Read an excerpt from The Fox here
5. Training School for Negro Girls by Camille Acker
5 Rave
“With this impressive debut short story collection, author Camille Acker establishes herself as a gifted and agile writer with an assured and masterful voice. The collection is centered around the lives of ordinary residents of Washington, D.C., over the past several decades. From a young girl in the ’90s who is losing her older brother to forces that she doesn’t understand, to a motivational speaker’s spouse in the midst of a serious marriage crisis, Acker’s protagonists are modern African-American women and girls from a range of class backgrounds … Acker is a sensitive and skilled writer whose relatable slice-of-life fiction feels firmly grounded in reality. Her pacing and ear for dialogue are impeccable.”
–Renate Robertson (Bust)
Read an excerpt from Training School for Negro Girls here
**
1. Nine Pints: A Journey Through the Money, Medicine, and Mysteries of Blood by Rose George
5 Rave • 3 Postive
“George’s journalistic eye is combined with sharp moral judgment …[George] is painfully aware of the price of ignorance about blood, especially women’s blood … She is furious about the UK’s infected blood scandal, in which products from paid donors led to recipients contracting HIV/Aids and hepatitis C in the 1970s and 80s. It is impossible to read this chapter without becoming furious, too … What we know about blood is still so limited. ‘Blood is not done teaching us what it can do. More wonders will come,’ George says. This absorbing, vital book by one of the best non-fiction writers working today is a wonder in its own right.”
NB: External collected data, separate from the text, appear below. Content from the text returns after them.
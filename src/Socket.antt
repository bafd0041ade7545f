-- ===== src/Socket.antt =====
-- conn.go: SockoptListener, which opens the socket of a listener, and FastOpenAllowed.
pub mod Closing
use iouring_go.Base.{
  ℕ, ◌+◌, ◌-◌, ◌*◌, ◌<◌, Bool, true, false, not, ◌&&◌, ◌||◌, List, [], ◌∷◌, ◌++◌, Option, none,
  some, ◌==◌, leb, ltb, if◌then◌else◌, take, replicate,
}
use iouring_go.Base.Int.{ℤ, pos, negsuc, eqb}
use iouring_go.Ring.{Ring, Result, ok, err}
use iouring_go.Connection.{Addr}
use iouring_go.Serving.{RingListener}

-- The constants of package syscall that the code hands on.
pub data Family : Type 0 where
  af_inet af_inet6 af_unix : Family

pub data SockType : Type 0 where
  sock_stream sock_dgram : SockType

pub data Level : Type 0 where
  sol_socket sol_tcp : Level

-- net.TCPAddr and net.UDPAddr, with what `Network` and `String` give.
pub record NetAddr : Type 0 where
  pub network : List ℕ
  pub string : List ℕ
  pub ip : List ℕ
  pub port : ℕ

-- SockaddrInet4, SockaddrInet6 and SockaddrUnix
pub data SockAddr : Type 0 where
  inet4 inet6 : ℕ → List ℕ → SockAddr
  unix : List ℕ → SockAddr

-- The words that the switch on `network` knows, and any other.
pub data Network : Type 0 where
  tcp tcp4 tcp6 unix udp udp4 udp6 : Network
  other : List ℕ → Network

abbrev pub word_of : Network → List ℕ
word_of tcp = 116 ∷ 99 ∷ 112 ∷ []
word_of tcp4 = 116 ∷ 99 ∷ 112 ∷ 52 ∷ []
word_of tcp6 = 116 ∷ 99 ∷ 112 ∷ 54 ∷ []
word_of unix = 117 ∷ 110 ∷ 105 ∷ 120 ∷ []
word_of udp = 117 ∷ 100 ∷ 112 ∷ []
word_of udp4 = 117 ∷ 100 ∷ 112 ∷ 52 ∷ []
word_of udp6 = 117 ∷ 100 ∷ 112 ∷ 54 ∷ []
word_of (other w) = w

-- The errors of FastOpenAllowed: of reading the file, of its contents, and that it is not 3.
pub data FastOpenError : Type 0 where
  unreadable not_a_number not_three : FastOpenError

pub data ListenError : Type 0 where
  could_not_open : ListenError
  unknown_network : List ℕ → ListenError
  errno : ℕ → ListenError
  fast_open : FastOpenError → ListenError

-- The calls of packages syscall, net and ioutil; an errno of 0 is success.
pub record Sys : Type 0 where
  pub socket : Family → SockType → Result ℤ
  pub resolve_tcp : List ℕ → List ℕ → Option NetAddr
  pub resolve_udp : List ℕ → List ℕ → Option NetAddr
  pub setsockopt : ℤ → Level → ℤ → ℕ
  pub bind : ℤ → SockAddr → ℕ
  pub listen : ℤ → ℕ
  pub tcp_fack : Option (List ℕ)

abbrev pub so_reuseport : ℤ
so_reuseport = pos 0x0f

abbrev pub tcp_fastopen : ℤ
tcp_fastopen = pos 0x17

-- `strings.Replace(s, "\n", "", -1)`
unfoldable pub without_newlines : List ℕ → List ℕ
without_newlines [] = []
without_newlines (c ∷ cs) = let rest = without_newlines cs in if c == 10 then rest else c ∷ rest

-- `strconv.Atoi`: the digits behind an optional sign, at least one of them. The range error of numbers
-- beyond an int is left out: these are not 3 either.
unfoldable pub digits : ℕ → List ℕ → Option ℕ
digits n [] = some n
digits n (c ∷ cs) =
    let rest = digits (10 * n + (c - 48)) cs in if leb 48 c && leb c 57 then rest else none

unfoldable pub magnitude : List ℕ → Option ℕ
unfolding digits
magnitude [] = none
magnitude (c ∷ cs) = digits 0 (c ∷ cs)

abbrev negated : ℕ → ℤ
negated n = if n == 0 then pos 0 else negsuc (n - 1)

unfoldable pub atoi : List ℕ → Option ℤ
unfolding magnitude
atoi [] = none
atoi (c ∷ cs) =
    if c == 45
    then elim (magnitude cs) [ none ↦ none | some n ↦ some (negated n) ]
    else elim (magnitude (if c == 43 then cs else c ∷ cs)) [ none ↦ none | some n ↦ some (pos n) ]

-- `FastOpenAllowed`, for the contents of the file; `none` is nil.
unfoldable pub fast_open_allowed : Option (List ℕ) → Option FastOpenError
unfolding without_newlines atoi
fast_open_allowed none = some unreadable
fast_open_allowed (some b) = elim (atoi (without_newlines b)) [
  | none ↦ some not_a_number
  | some allowed ↦ if eqb allowed (pos 3) then none else some not_three
]

-- `copy(ipAddr[:], netAddr.IP)`, into an array of `n` zeros.
unfoldable pub copy_ip : ℕ → List ℕ → List ℕ
copy_ip n ip = take n (ip ++ replicate n 0)

-- How SockoptListener ends, with the descriptors that it has closed.
pub data Opening : Type 0 where
  refused : ListenError → List ℤ → Opening
  listening : RingListener → List ℤ → Opening

-- What the switch on the network comes to: an error, or the socket with its address.
pub data Opened : Type 0 where
  failed : ListenError → Opened
  opened : Result ℤ → SockAddr → Addr → Opened

module _ (sys : Sys) where
  -- The cases of the switch: `resolved` takes the address of the listener from the network address,
  -- as only udp and udp4 do not.
  unfoldable pub resolve :
      Result ℤ → Option NetAddr → (NetAddr → SockAddr) → (NetAddr → Addr) → Opened
  resolve (err e) found to_sock to_addr = failed could_not_open
  resolve (ok fd) none to_sock to_addr = failed could_not_open
  resolve (ok fd) (some n) to_sock to_addr = opened (ok fd) (to_sock n) (to_addr n)

  abbrev pub sock4 : NetAddr → SockAddr
  sock4 n = inet4 n.port (copy_ip 4 n.ip)

  abbrev pub sock6 : NetAddr → SockAddr
  sock6 n = inet6 n.port (copy_ip 16 n.ip)

  abbrev pub named : NetAddr → Addr
  named n = record { net = n.network; s = n.string }

  unfoldable pub open_socket : Network → List ℕ → Opened
  unfolding resolve copy_ip
  open_socket (other w) address = failed (unknown_network w)
  open_socket unix address =
      opened (sys.socket af_unix sock_stream) (SockAddr.unix address)
        (record { net = word_of unix; s = [] })
  open_socket tcp6 address =
      resolve (sys.socket af_inet6 sock_stream) (sys.resolve_tcp (word_of tcp6) address) sock6 named
  open_socket udp6 address =
      resolve (sys.socket af_inet sock_dgram) (sys.resolve_udp (word_of udp6) address) sock6 named
  open_socket tcp address =
      resolve (sys.socket af_inet sock_stream) (sys.resolve_tcp (word_of tcp) address) sock4 named
  open_socket tcp4 address =
      resolve (sys.socket af_inet sock_stream) (sys.resolve_tcp (word_of tcp4) address) sock4 named
  open_socket udp address =
      resolve (sys.socket af_inet sock_dgram) (sys.resolve_udp (word_of udp) address) sock4
        (λ n. record { net = word_of udp; s = [] })
  open_socket udp4 address =
      resolve (sys.socket af_inet sock_dgram) (sys.resolve_udp (word_of udp4) address) sock4
        (λ n. record { net = word_of udp4; s = [] })

  -- The loop over the socket options: the error with which it returns, and whether it has closed the
  -- descriptor then.
  unfoldable pub set_options : ℤ → List ℤ → Option (ListenError × Bool)
  unfolding fast_open_allowed
  set_options fd [] = none
  set_options fd (o ∷ os) =
      let rest = set_options fd os in
      if eqb o so_reuseport
      then (if sys.setsockopt fd sol_socket o == 0
          then rest
          else some (errno (sys.setsockopt fd sol_socket o), true))
      else if eqb o tcp_fastopen
      then elim (fast_open_allowed sys.tcp_fack) [
        | some e ↦ some (fast_open e, false)
        | none ↦
            if sys.setsockopt fd sol_tcp o == 0
            then rest
            else some (errno (sys.setsockopt fd sol_tcp o), true)
      ]
      else rest

  -- From `syscall.Bind` on.
  unfoldable pub bind_and_listen : Ring → ℤ → SockAddr → Addr → Bool → Opening
  bind_and_listen r fd sock_addr a has_handler =
      if not (sys.bind fd sock_addr == 0)
      then refused (errno (sys.bind fd sock_addr)) (fd ∷ [])
      else if not (sys.listen fd == 0)
      then refused (errno (sys.listen fd)) (fd ∷ [])
      else listening
          (record {
            r = r;
            f = some fd;
            a = a;
            stopped = false;
            new_conn = [];
            sending = none;
            has_handler = has_handler;
            handled = [];
          })
          []

  unfoldable pub configure : Ring → List ℤ → Bool → ℤ → SockAddr → Addr → Opening
  unfolding set_options bind_and_listen
  configure r sockopts has_handler fd sock_addr a = elim (set_options fd sockopts) [
    | some (e, true) ↦ refused e (fd ∷ [])
    | some (e, false) ↦ refused e []
    | none ↦ bind_and_listen r fd sock_addr a has_handler
  ]

  -- What follows the switch; a failed socket(2) has the descriptor -1.
  unfoldable pub finish : Ring → Bool → List ℤ → Opened → Opening
  unfolding configure
  finish r has_handler sockopts (failed e) = refused e []
  finish r has_handler sockopts (opened (err e) sock_addr a) = refused (errno e) (negsuc 0 ∷ [])
  finish r has_handler sockopts (opened (ok fd) sock_addr a) =
      configure r sockopts has_handler fd sock_addr a

  -- `SockoptListener`
  unfoldable pub sockopt_listener : Ring → Network → List ℕ → Bool → List ℤ → Opening
  unfolding open_socket finish
  sockopt_listener r network address has_handler sockopts =
      finish r has_handler sockopts (open_socket network address)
–Sarah DItum (The Guardian)
*
2. Debussy: A Painter in Sound by Stephen Walsh
1 Rave • 6 Positive
“Squarely oriented on the music … Walsh’s primary focus on the music means the biography is at times light on anecdote and psychological analysis, but it’s a fair trade-off. Walsh’s narrative, without neglecting how Debussy’s art chimes with its historical contemporaries is a bravura account of how the force of genius can in any age create the new and unforeseen.”
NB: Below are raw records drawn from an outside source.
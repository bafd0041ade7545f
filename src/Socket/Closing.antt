-- ===== src/Socket/Closing.antt =====
-- conn.go, SockoptListener: what becomes of the socket.
use iouring_go.Base.{
  ℕ, ◌≡◌, ◌≢◌, Bool, true, false, List, [], ◌∷◌, Option, none, some, ◌==◌, if◌then◌else◌,
}
use iouring_go.Base.Int.{ℤ}
use iouring_go.Ring.{Ring}
use iouring_go.Connection.{Addr}
use iouring_go.Serving.{RingListener}
use iouring_go.Socket.{
  SockAddr, NetAddr, Network, tcp, tcp4, tcp6, unix, udp, udp4, udp6, other, FastOpenError,
  ListenError, could_not_open, unknown_network, errno, fast_open, Sys, fast_open_allowed, Opening,
  refused, listening, inet4, inet6, copy_ip, bind_and_listen, so_reuseport, tcp_fastopen, word_of,
  sol_socket, sol_tcp,
}

-- What an address is looked up as; unix and the words that are not known have no lookup.
abbrev pub found_at : Sys → Network → List ℕ → Option NetAddr
found_at sys tcp address = sys.resolve_tcp (word_of tcp) address
found_at sys tcp4 address = sys.resolve_tcp (word_of tcp4) address
found_at sys tcp6 address = sys.resolve_tcp (word_of tcp6) address
found_at sys udp address = sys.resolve_udp (word_of udp) address
found_at sys udp4 address = sys.resolve_udp (word_of udp4) address
found_at sys udp6 address = sys.resolve_udp (word_of udp6) address
found_at sys unix address = none
found_at sys (other w) address = none

-- The networks whose addresses have four bytes, and those with sixteen.
pub data HasLength : Network → ℕ → Type 0 where
  four_tcp : HasLength tcp 4
  four_tcp4 : HasLength tcp4 4
  four_udp : HasLength udp 4
  four_udp4 : HasLength udp4 4
  sixteen_tcp6 : HasLength tcp6 16
  sixteen_udp6 : HasLength udp6 16

abbrev pub sock_of : ℕ → NetAddr → SockAddr
sock_of n a = if n == 4 then inet4 a.port (copy_ip 4 a.ip) else inet6 a.port (copy_ip 16 a.ip)

-- The address that a socket for `network` and `address` is bound to.
pub data Target (sys : Sys) (network : Network) (address : List ℕ) : SockAddr → Type 0 where
  by_path : network ≡ unix → Target sys network address (SockAddr.unix address)
  by_lookup :
      {n : ℕ} {a : NetAddr}
      → HasLength network n
      → found_at sys network address ≡ some a
      → Target sys network address (sock_of n a)

-- An option that was given.
pub data Given (x : ℤ) : List ℤ → Type 0 where
  at_front : {o : ℤ} {os : List ℤ} → o ≡ x → Given x (o ∷ os)
  behind : {o : ℤ} {os : List ℤ} → Given x os → Given x (o ∷ os)

module _ (sys : Sys) (fd : ℤ) where
  -- setsockopt for an option that was given gives `e`.
  pub data OptionFailed (opts : List ℤ) (e : ℕ) : Type 0 where
    by_reuseport :
        Given so_reuseport opts
        → sys.setsockopt fd sol_socket so_reuseport ≡ e
        → OptionFailed opts e
    by_fastopen :
        Given tcp_fastopen opts → sys.setsockopt fd sol_tcp tcp_fastopen ≡ e → OptionFailed opts e

  -- The loop over the options fails with an errno and closes, or by FastOpenAllowed, and does not.
  data Fails (opts : List ℤ) : Option (ListenError × Bool) → Type 0 where
    passes : Fails opts none
    errs : (e : ℕ) → e ≢ 0 → OptionFailed opts e → Fails opts (some (errno e, true))
    denies :
        {e : FastOpenError}
        → Given tcp_fastopen opts
        → fast_open_allowed sys.tcp_fack ≡ some e
        → Fails opts (some (fast_open e, false))

module _ (sys : Sys) (r : Ring) (fd : ℤ) (network : Network) (address : List ℕ)
    (opts : List ℤ) where
  -- The call on `fd` that has failed with `e`: setsockopt for an option that was given, bind or listen.
  pub data Failed (e : ℕ) : Type 0 where
    by_option : OptionFailed sys fd opts e → Failed e
    by_bind :
        {sock_addr : SockAddr}
        → Target sys network address sock_addr
        → sys.bind fd sock_addr ≡ e
        → Failed e
    by_listen : sys.listen fd ≡ e → Failed e

  -- How SockoptListener leaves the socket `fd`: listening; closed, with the errno of a call; or open,
  -- though it has failed.
  pub data Left : Opening → Type 0 where
    listens :
        (l : RingListener) (sock_addr : SockAddr)
        → l.r ≡ r
        → l.f ≡ some fd
        → Target sys network address sock_addr
        → sys.bind fd sock_addr ≡ 0
        → sys.listen fd ≡ 0
        → Left (listening l [])
    closed : (e : ℕ) → e ≢ 0 → Failed e → Left (refused (errno e) (fd ∷ []))
    unresolved :
        {n : ℕ}
        → HasLength network n
        → found_at sys network address ≡ none
        → Left (refused could_not_open [])
    not_allowed :
        {e : FastOpenError}
        → Given tcp_fastopen opts
        → fast_open_allowed sys.tcp_fack ≡ some e
        → Left (refused (fast_open e) [])
    unknown : {w : List ℕ} → network ≡ other w → Left (refused (unknown_network w) [])

  after_options : Option (ListenError × Bool) → SockAddr → Addr → Bool → Opening
  after_options none sock_addr a has_handler = bind_and_listen sys r fd sock_addr a has_handler
  after_options (some (e, true)) sock_addr a has_handler = refused e (fd ∷ [])
  after_options (some (e, false)) sock_addr a has_handler = refused e []
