-- ===== src/Examples/Serving.antt =====
-- conn.go: a listener on descriptor 5, whose first poll, under the id 1, has completed.
use iouring_go.Base.{◌+◌, length, ◌≡◌, refl, none, some, false, true, [], ◌∷◌, List, ℕ, arith}
use iouring_go.Base.Int.{ℤ, pos}
use iouring_go.Ring.{ok}
use iouring_go.Serving.{RingListener, going}
use iouring_go.Serving.Rounds.{Rounds}
use iouring_go.Serving.Again.{Standing, turns, turns-accept}
use iouring_go.Ops.Prepare.{IsReady}
use iouring_go.Listener.{conn_of}
use iouring_go.Base.Outcome.{done}
use iouring_go.Socket.{Sys, copy_ip, fast_open_allowed}
use iouring_go.Examples.Data.{small_ring, small_cq, cqe}
use iouring_go.Examples.Preparing.{small_ring-IsReady}
use iouring_go.Examples.Connecting.{serving, serving-IsHonest, somewhere}
use iouring_go.Examples.Listening.{socket, seven}

abbrev listener : RingListener
listener = record {
  r = small_ring;
  f = some (pos 5);
  a = somewhere;
  stopped = false;
  new_conn = [];
  sending = none;
  has_handler = true;
  handled = [];
}

abbrev nowhere : ℤ → List ℕ
nowhere fd = []

-- The first poll has completed, and another request behind it.
abbrev woken : RingListener
woken = record listener {
  r = record small_ring { cq = small_cq 0 2 (cqe 1 ∷ cqe 2 ∷ cqe 0 ∷ cqe 0 ∷ []) };
}

woken-Standing :
    Standing 2 0 (socket ∷ []) socket (small_cq 0 2 (cqe 1 ∷ cqe 2 ∷ cqe 0 ∷ cqe 0 ∷ []))
unfolding conn_of
woken-Standing = record {
  entry = cqe 1;
  head = refl;
  mask_ones = refl;
  at = refl;
  named = refl;
  behind = omega arith;
  fits = omega arith;
}

woken-IsReady : IsReady 1 woken.r
woken-IsReady = record {
  valid = small_ring-IsReady.valid;
  free = refl;
  room = small_ring-IsReady.room;
}

turns-accept_example :
    (l' : RingListener) × (turns serving seven nowhere (socket ∷ []) 1 3 woken ≡ done (going, l'))
    × (length l'.new_conn ≡ 0 + 3)
    × (l'.r.cq.head ≡ 0)
turns-accept_example =
    turns-accept serving seven nowhere (socket ∷ []) serving-IsHonest (λ c sq cq. refl)
      (λ c sq cq s. woken-Standing) refl 0 3 woken woken-IsReady woken-Standing refl refl refl
      (omega arith)

-- 127.0.0.1 the way package net has it, in sixteen bytes.
abbrev local_ip : List ℕ
local_ip = 0 ∷ 0 ∷ 0 ∷ 0 ∷ 0 ∷ 0 ∷ 0 ∷ 0 ∷ 0 ∷ 0 ∷ 255 ∷ 255 ∷ 127 ∷ 0 ∷ 0 ∷ 1 ∷ []

abbrev host : Sys
host = record {
  socket = λ f t. ok (pos 5);
  resolve_tcp = λ w a. some (record { network = w; string = a; ip = local_ip; port = 80 });
  resolve_udp = λ w a. none;
  setsockopt = λ fd l o. 0;
  bind = λ fd a. 0;
  listen = λ fd. 0;
  tcp_fack = some (51 ∷ 10 ∷ []);
}

-- Four bytes of it are those of any address.
local_is_any : copy_ip 4 local_ip ≡ 0 ∷ 0 ∷ 0 ∷ 0 ∷ []
unfolding copy_ip
local_is_any = refl

three_allows : fast_open_allowed (some (51 ∷ 10 ∷ [])) ≡ none
unfolding fast_open_allowed
three_allows = refl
–Liam Cagney (The Irish Times)
3. Retablos: Stories From a Life Lived Along the Border by Octavio Solis
4 Rave
“…A self-described ‘anchor baby,’ Solis shares his memories as a brown person on the border with a keen eye and an agile way with words, endowing these snapshots from his childhood in El Paso with the visceral gut punch of Mexican retablos, devotional paintings in vivid colors on metal or wood. Solis hones each scene with striking…imagery: his grandmother Mama Concha with her rollers, red lipstick, sagging hose, and purse ‘fragrant with Wrigley’s Chewing Gum’; the ghostly figure of a runner who threads his way through the book, aging as Solis ages, advancing under Solis’ curious gaze, then vanishing into a misty distance. In all, an evocative, and timely expression of border culture for every library collection.”
–Sara Martinez (Booklist)
Read an excerpt from Retablos here
*
4. Napoleon: A Life by Adam Zamoyski
1 Rave • 5 Positive
“Zamoyski deserves praise for his selection of sources. Unlike some recent works that rely on the accounts of contemporaries who abhorred Napoleon, Napoleon: A Life incorporates the voices of those who were both for and against him, and, even more important, those who were observers and not politically polarized … Although his book fills more than 700 pages, it moves quickly, and Zamoyski adeptly avoids getting bogged down in any specific topic … one of the finest biographies of Napoleon Bonaparte ever written.”
–Michael Leggiere (HistoryNet)
*
5. The Rise of Andrew Jackson by David S. Heidler and Jeanne T. Heidler
2 Rave • 2 Positive • 1 Mixed
“In The Rise of Andrew Jackson, David S. Heidler and Jeanne T. Heidler essentially take the Rogin view. The Heidlers, who in 2010 published a sensitive and luminous biography of Jackson’s great rival Henry Clay, here trace Jackson’s life through his 1828 presidential election, when he won his first presidential term … The Heidlers are fine historians; their Clay biography is rich in detail and literarily vibrant. Clearly in the epic political struggle between Clay and Jackson, Clay is their man. They have rendered here a picture of Jackson that seems pretty close to what that great Kentuckian would have written back in the day.”